__Work item__
Repeat exactly the line containing "written-Maps_other w.n' m₁" and every line after it in the entries, and nothing besides.
======
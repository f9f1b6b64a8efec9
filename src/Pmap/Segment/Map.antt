-- ===== src/Pmap/Segment/Map.antt =====
-- boot_map_page writes one mapping and keeps the others.
use jos_vmx.Base.{
  ℕ, ◌+◌, ◌*◌, ◌/◌, ◌%◌, ◌^◌, ◌≤◌, ◌<◌, ◌≡◌, ◌≢◌, ◌⊎◌, refl, ◌∙◌, some, arith, bit_or,
}
use native.Mathlib.Decide.{ℕ_discrete}
use jos_vmx.Base.Bits.{bit_or-lt, bit_or_step}
use jos_vmx.Mmu.{pte_p, pdx, ptx, pte_addr}
use jos_vmx.Mmu.Address.{pte_addr-eq}
use jos_vmx.Pmap.{Pmap}
use jos_vmx.Pmap.Table.{write, check_va2pa}
use jos_vmx.Pmap.Table.Walk.{IsMachine, frame_at-eq, bit_and-pte_p}
use jos_vmx.Pmap.Segment.{boot_pgdir_walk, boot_map_page}
use jos_vmx.Pmap.Segment.Entries.{entry, IsEntry, entry-IsEntry}
use jos_vmx.Pmap.Segment.Walk.{IsMapping, HasRoom, Walked, boot_pgdir_walk-Walked}

module _ (end pgdir self : ℕ) where
  -- The tables map the page at `va` to the frame `p`.
  pub record Maps (m : Pmap) (va p : ℕ) : Type 0 where
    pub not_self : pdx va ≢ self
    pub present : m.phys pgdir (pdx va) % 2 ≡ 1
    pub leads : IsEntry p (m.phys (m.phys pgdir (pdx va) / 4096) (ptx va))

  pub check_va2pa-IsEntry :
      (m : Pmap) (va f p : ℕ)
      → IsMachine m
      → f < m.npages
      → IsEntry f (m.phys pgdir (pdx va))
      → IsEntry p (m.phys f (ptx va))
      → check_va2pa pgdir va m ≡ some (p * 4096, m)
  unfolding check_va2pa
  check_va2pa-IsEntry m va f p machine inside table leaf =
      let x = m.phys pgdir (pdx va) in
      let y = m.phys f (ptx va) in
      let at : pte_addr x ≡ f * 4096 = omega (arith, pte_addr-eq x table.fits, table.names) in
      let page : pte_addr y ≡ p * 4096 = omega (arith, pte_addr-eq y leaf.fits, leaf.names) in
      ground (
        arith,
        bit_and-pte_p x,
        bit_and-pte_p y,
        at,
        page,
        table.present,
        leaf.present,
        frame_at-eq m f machine inside,
      )

  pub check_va2pa-Maps :
      (n : ℕ) (m : Pmap) (va p : ℕ)
      → IsMapping end pgdir self n m
      → Maps m va p
      → check_va2pa pgdir va m ≡ some (p * 4096, m)
  check_va2pa-Maps n m va p inv at =
      check_va2pa-IsEntry m va (m.phys pgdir (pdx va) / 4096) p inv.machine
        (omega (arith, inv.below (pdx va) at.not_self at.present, inv.within))
        (record {
          present = at.present;
          names = refl;
          fits = inv.small (pdx va) at.not_self at.present;
        })
        at.leads

  module _ (n : ℕ) (m : Pmap) (inv : IsMapping end pgdir self n m) where
    write-IsMapping : (t i v : ℕ) → t ≢ pgdir → IsMapping end pgdir self n (write t i v m)
    write-IsMapping t i v ne =
        let same : (write t i v m).phys pgdir ≡ m.phys pgdir = ground arith in
        record {
          machine = inv.machine;
          next = inv.next;
          directory = inv.directory;
          within = inv.within;
          below = rw same inv.below;
          small = rw same inv.small;
          other = rw same inv.other;
          apart = rw same inv.apart;
        }

    walk-Maps :
        (d k : ℕ) (m' : Pmap) (va q : ℕ)
        → Walked end pgdir self d k m m'
        → Maps m va q
        → Maps m' va q
    walk-Maps d k m' va q walked at =
        let same = walked.entries (pdx va) at.present in
        let kept =
          walked.frames (m.phys pgdir (pdx va) / 4096) (ptx va)
            (inv.other (pdx va) at.not_self at.present) in
        record {
          not_self = at.not_self;
          present = rw same at.present;
          leads = rw (same, kept) at.leads;
        }

    module _ (la v : ℕ) (not_self : pdx la ≢ self) (present : m.phys pgdir (pdx la) % 2 ≡ 1) where
      abbrev written : Pmap
      written = write (m.phys pgdir (pdx la) / 4096) (ptx la) v m

      table-ne : m.phys pgdir (pdx la) / 4096 ≢ pgdir
      table-ne = inv.other (pdx la) not_self present

      written_directory : (d : ℕ) → written.phys pgdir d ≡ m.phys pgdir d
      written_directory d = ground (arith, table-ne)

      written-Maps : (p : ℕ) → IsEntry p v → Maps written la p
      written-Maps p new =
          let same = written_directory (pdx la) in
          let leaf : written.phys (m.phys pgdir (pdx la) / 4096) (ptx la) ≡ v = ground arith in
          record { not_self = not_self; present = rw same present; leads = rw (same, leaf) new }

      leaf_other :
          (va q : ℕ)
          → (pdx va ≢ pdx la) ⊎ (ptx va ≢ ptx la)
          → Maps m va q
          → written.phys (m.phys pgdir (pdx va) / 4096) (ptx va)
            ≡ m.phys (m.phys pgdir (pdx va) / 4096) (ptx va)
      leaf_other va q ne at = elim (ℕ_discrete (pdx va) (pdx la)) [
        | yes e ↦ ground arith
        | no d ↦
            let differ = inv.apart (pdx va) (pdx la) at.not_self not_self d at.present present in
            ground arith
      ]

      written-Maps_other :
          (va q : ℕ) → (pdx va ≢ pdx la) ⊎ (ptx va ≢ ptx la) → Maps m va q → Maps written va q
      written-Maps_other va q ne at =
          let same = written_directory (pdx va) in
          record {
            not_self = at.not_self;
            present = rw same at.present;
            leads = rw (same, leaf_other va q ne at) at.leads;
          }

  -- What one round changes: `n'` frames are in use after it.
  pub record Mapped (la p n : ℕ) (m m' : Pmap) : Type 0 where
    pub n' : ℕ
    pub mapping : IsMapping end pgdir self n' m'
    pub room : n' + 1024 ≤ m'.npages + pdx la
    pub present : m'.phys pgdir (pdx la) % 2 ≡ 1
    pub maps : Maps m' la p
    pub others : (va q : ℕ) → (pdx va ≢ pdx la) ⊎ (ptx va ≢ ptx la) → Maps m va q → Maps m' va q
    pub untouched : (e : ℕ) → pdx la ≢ e → m'.phys pgdir e ≡ m.phys pgdir e
    pub pages : m'.npages ≡ m.npages

  flags_fit : (perm : ℕ) → perm < 4096 → (bit_or pte_p perm < 4096) × (bit_or pte_p perm ≢ 0)
  flags_fit perm h = (bit_or-lt 12 1 perm (omega arith) h, λ e. omega (arith, bit_or_step 1 perm))

  boot_map_page-eq :
      (la pa perm t i : ℕ) (m m₁ : Pmap)
      → boot_pgdir_walk end pgdir la (bit_or pte_p perm) m ≡ some (some (t, i), m₁)
      → boot_map_page end pgdir la pa perm m ≡ some (tt, write t i (entry pa perm) m₁)
  unfolding boot_map_page
  boot_map_page-eq la pa perm t i m m₁ e = rw (e, boot_map_page) refl

  pub boot_map_page-Mapped :
      (la p perm n : ℕ) (m : Pmap)
      → IsMapping end pgdir self n m
      → HasRoom end pgdir self (pdx la) n m
      → pdx la ≢ self
      → p < 2 ^ 20
      → perm < 4096
      → (m' : Pmap) × (boot_map_page end pgdir la (p * 4096) perm m ≡ some (tt, m'))
        × Mapped la p n m m'
  boot_map_page-Mapped la p perm n m inv room not_self frame small =
      let flags = flags_fit perm small in
      let (m₁, e, w) =
        boot_pgdir_walk-Walked end pgdir self la (bit_or pte_p perm) n m inv not_self flags.0
          flags.1 room in
      let v = entry (p * 4096) perm in
      let new = entry-IsEntry p perm frame small in
      let ne = w.mapping.other (pdx la) not_self w.present in
      (
        written w.n' m₁ w.mapping la v not_self w.present,
        boot_map_page-eq la (p * 4096) perm (m₁.phys pgdir (pdx la) / 4096) (ptx la) m m₁ e,
        record {
          n' = w.n';
          mapping = write-IsMapping w.n' m₁ w.mapping (m₁.phys pgdir (pdx la) / 4096) (ptx la) v ne;
          room = w.room;
          present =
              rw (written_directory w.n' m₁ w.mapping la v not_self w.present (pdx la)) w.present;
          maps = written-Maps w.n' m₁ w.mapping la v not_self w.present p new;
          others = λ va q d at.
              written-Maps_other w.n' m₁ w.mapping la v not_self w.present va q d
                (walk-Maps n m inv (pdx la) n m₁ va q w at);
          untouched = λ d other.
              written_directory w.n' m₁ w.mapping la v not_self w.present d ∙ w.untouched d other;
          pages = w.pages;
        },
      )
======
__Response to this task__
              written-Maps_other w.n' m₁ w.mapping la v not_self w.present va q d
                (walk-Maps n m inv (pdx la) n m₁ va q w at);
          untouched = λ d other.
              written_directory w.n' m₁ w.mapping la v not_self w.present d ∙ w.untouched d other;
          pages = w.pages;
        },
      )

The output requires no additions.